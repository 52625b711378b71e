-- ===== src/Tests/Wire.antt =====
-- A concrete text format for configurations that meets `IsCodecs`: numbers, and lists after their
-- lengths.
use lantun.Cli.Config.{ClientTunnelEntry, HostTunnelEntry, LanTunConfig}
use lantun.Protocol.{udp, tcp, TunnelProtocol}
use lantun.Base.{
  zero, err, refl, suc, true, Outcome, [], false, length, none, ok, ◌∷◌, Bool, List, Option, Text,
  some, ℕ, ◌≡◌,
}
use lantun.Addr.{v6, v4, SocketAddr}

-- A value written before the rest of a text, and read off a text.
abbrev Put : Type 0 → Type 0
Put A = A → Text → Text

abbrev Get : Type 0 → Type 0
Get A = Text → Option (A × Text)

-- What was written is read, and leaves the rest.
abbrev Reads : {A : Type 0} → Put A → Get A → Type 0
Reads {A} put get = (a : A) (rest : Text) → get (put a rest) ≡ some (a, rest)

abbrev next : {A B : Type 0} → (A → Get B) → Option (A × Text) → Option (B × Text)
next more none = none
next more (some (a, s)) = more a s

abbrev put_nat : Put ℕ
put_nat n rest = n ∷ rest

abbrev get_nat : Get ℕ
get_nat [] = none
get_nat (n ∷ rest) = some (n, rest)

module _ {A : Type 0} (put : Put A) (get : Get A) where
  put_all : Put (List A)
  put_all [] rest = rest
  put_all (a ∷ xs) rest = put a (put_all xs rest)

  get_all : ℕ → Get (List A)
  get_all zero s = some ([], s)
  get_all (suc n) s = next (λ a. λ t. next (λ xs. λ u. some (a ∷ xs, u)) (get_all n t)) (get s)

  abbrev put_list : Put (List A)
  put_list xs rest = length xs ∷ put_all xs rest

  abbrev get_list : Get (List A)
  get_list [] = none
  get_list (n ∷ s) = get_all n s

  put_all-Reads :
      Reads put get
      → (xs : List A) (rest : Text) → get_all (length xs) (put_all xs rest) ≡ some (xs, rest)
  unfolding put_all get_all
  put_all-Reads reads [] rest = refl
  put_all-Reads reads (a ∷ xs) rest =
      rw (reads a (put_all xs rest), put_all-Reads reads xs rest) refl

abbrev put_text : Put Text
put_text = put_list put_nat get_nat

abbrev get_text : Get Text
get_text = get_list put_nat get_nat

put_text-Reads : (s rest : Text) → get_text (put_text s rest) ≡ some (s, rest)
put_text-Reads s rest = put_all-Reads put_nat get_nat (λ n r. refl) s rest

abbrev put_addr : Put SocketAddr
put_addr (v4 ip port) rest = 0 ∷ ip ∷ port ∷ rest
put_addr (v6 ip port flowinfo scope_id) rest = 1 ∷ ip ∷ port ∷ flowinfo ∷ scope_id ∷ rest

abbrev get_addr : Get SocketAddr
get_addr (zero ∷ ip ∷ port ∷ s) = some (v4 ip port, s)
get_addr (suc _ ∷ ip ∷ port ∷ flowinfo ∷ scope_id ∷ s) = some (v6 ip port flowinfo scope_id, s)
get_addr _ = none

put_addr-Reads : (a : SocketAddr) (rest : Text) → get_addr (put_addr a rest) ≡ some (a, rest)
put_addr-Reads (v4 ip port) rest = refl
put_addr-Reads (v6 ip port flowinfo scope_id) rest = refl

abbrev put_protocol : Put TunnelProtocol
put_protocol tcp rest = 0 ∷ rest
put_protocol udp rest = 1 ∷ rest

abbrev get_protocol : Get TunnelProtocol
get_protocol [] = none
get_protocol (zero ∷ s) = some (tcp, s)
get_protocol (suc _ ∷ s) = some (udp, s)

put_protocol-Reads :
    (p : TunnelProtocol) (rest : Text) → get_protocol (put_protocol p rest) ≡ some (p, rest)
put_protocol-Reads tcp rest = refl
put_protocol-Reads udp rest = refl

abbrev put_bool : Put Bool
put_bool false rest = 0 ∷ rest
put_bool true rest = 1 ∷ rest

abbrev get_bool : Get Bool
get_bool [] = none
get_bool (zero ∷ s) = some (false, s)
get_bool (suc _ ∷ s) = some (true, s)

put_bool-Reads : (b : Bool) (rest : Text) → get_bool (put_bool b rest) ≡ some (b, rest)
put_bool-Reads false rest = refl
put_bool-Reads true rest = refl

-- A format: how a value is written and read.
record Format (A : Type 0) : Type 0 where
  put : Put A
  get : Get A
  reads : Reads put get

abbrev texts : Format Text
texts = record { put = put_text; get = get_text; reads = put_text-Reads }

abbrev addrs : Format SocketAddr
addrs = record { put = put_addr; get = get_addr; reads = put_addr-Reads }

abbrev protocols : Format TunnelProtocol
protocols = record { put = put_protocol; get = get_protocol; reads = put_protocol-Reads }

abbrev bools : Format Bool
bools = record { put = put_bool; get = get_bool; reads = put_bool-Reads }

abbrev lists : {A : Type 0} → Format A → Format (List A)
lists f = record {
  put = put_list f.put f.get;
  get = get_list f.put f.get;
  reads = λ xs rest. put_all-Reads f.put f.get f.reads xs rest;
}

module _ {A B : Type 0} (f : Format A) (g : Format B) where
  abbrev put_pair : Put (A × B)
  put_pair (a, b) rest = f.put a (g.put b rest)

  abbrev get_pair : Get (A × B)
  get_pair s = next (λ a. λ t. next (λ b. λ u. some ((a, b), u)) (g.get t)) (f.get s)

  put_pair-Reads : Reads put_pair get_pair
  put_pair-Reads (a, b) rest = rw (f.reads a (g.put b rest), g.reads b rest) refl

  abbrev pairs : Format (A × B)
  pairs = record { put = put_pair; get = get_pair; reads = put_pair-Reads }

abbrev Fields : Type 0
Fields = Text × (SocketAddr × (TunnelProtocol × (Text × (Text × Bool))))

abbrev fields : Format Fields
fields = pairs texts (pairs addrs (pairs protocols (pairs texts (pairs texts bools))))

abbrev host_fields : HostTunnelEntry → Fields
host_fields t = (t.name, (t.local, (t.protocol, (t.private_secret, (t.public_secret, t.enabled)))))

abbrev host_of : Fields → HostTunnelEntry
host_of (n, (a, (p, (k, (s, e))))) = record {
  name = n;
  local = a;
  protocol = p;
  private_secret = k;
  public_secret = s;
  enabled = e;
}

abbrev client_fields : ClientTunnelEntry → Fields
client_fields t = (t.name, (t.local, (t.protocol, (t.secret, ([], t.enabled)))))

abbrev client_of : Fields → ClientTunnelEntry
client_of (n, (a, (p, (k, (s, e))))) = record {
  name = n;
  local = a;
  protocol = p;
  secret = k;
  enabled = e;
}

module _ {A B : Type 0} (f : Format A) (to : B → A) (from : A → B)
    (back : (b : B) → from (to b) ≡ b) where
  abbrev through : Format B
  through = record {
    put = λ b rest. f.put (to b) rest;
    get = λ s. next (λ a. λ t. some (from a, t)) (f.get s);
    reads = λ b rest. rw (f.reads (to b) rest, back b) refl;
  }

abbrev config_format : Format LanTunConfig
config_format =
    through
      (pairs (lists (through fields host_fields host_of (λ t. refl)))
        (lists (through fields client_fields client_of (λ t. refl))))
      (λ c. (c.host_tunnels, c.client_tunnels))
      (λ (hs, cs). record { host_tunnels = hs; client_tunnels = cs }) (λ c. refl)

pub encoded : LanTunConfig → Text
encoded c = config_format.put c []

abbrev result : Option (LanTunConfig × Text) → Outcome Text LanTunConfig
result none = err []
result (some (c, _)) = ok c

pub decoded : Text → Outcome Text LanTunConfig
decoded s = result (config_format.get s)

pub decoded-encoded : (c : LanTunConfig) → decoded (encoded c) ≡ ok c
unfolding decoded encoded
decoded-encoded c = rw (config_format.reads c []) refl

☆ ☆ ☆ ☆ ☆ ☆ ☆

All lines from the listing above that include "lists" should be shown.

§ OUTPUT BELOW
-- A concrete text format for configurations that meets `IsCodecs`: numbers, and lists after their
abbrev lists : {A : Type 0} → Format A → Format (List A)
lists f = record {
      (pairs (lists (through fields host_fields host_of (λ t. refl)))
        (lists (through fields client_fields client_of (λ t. refl))))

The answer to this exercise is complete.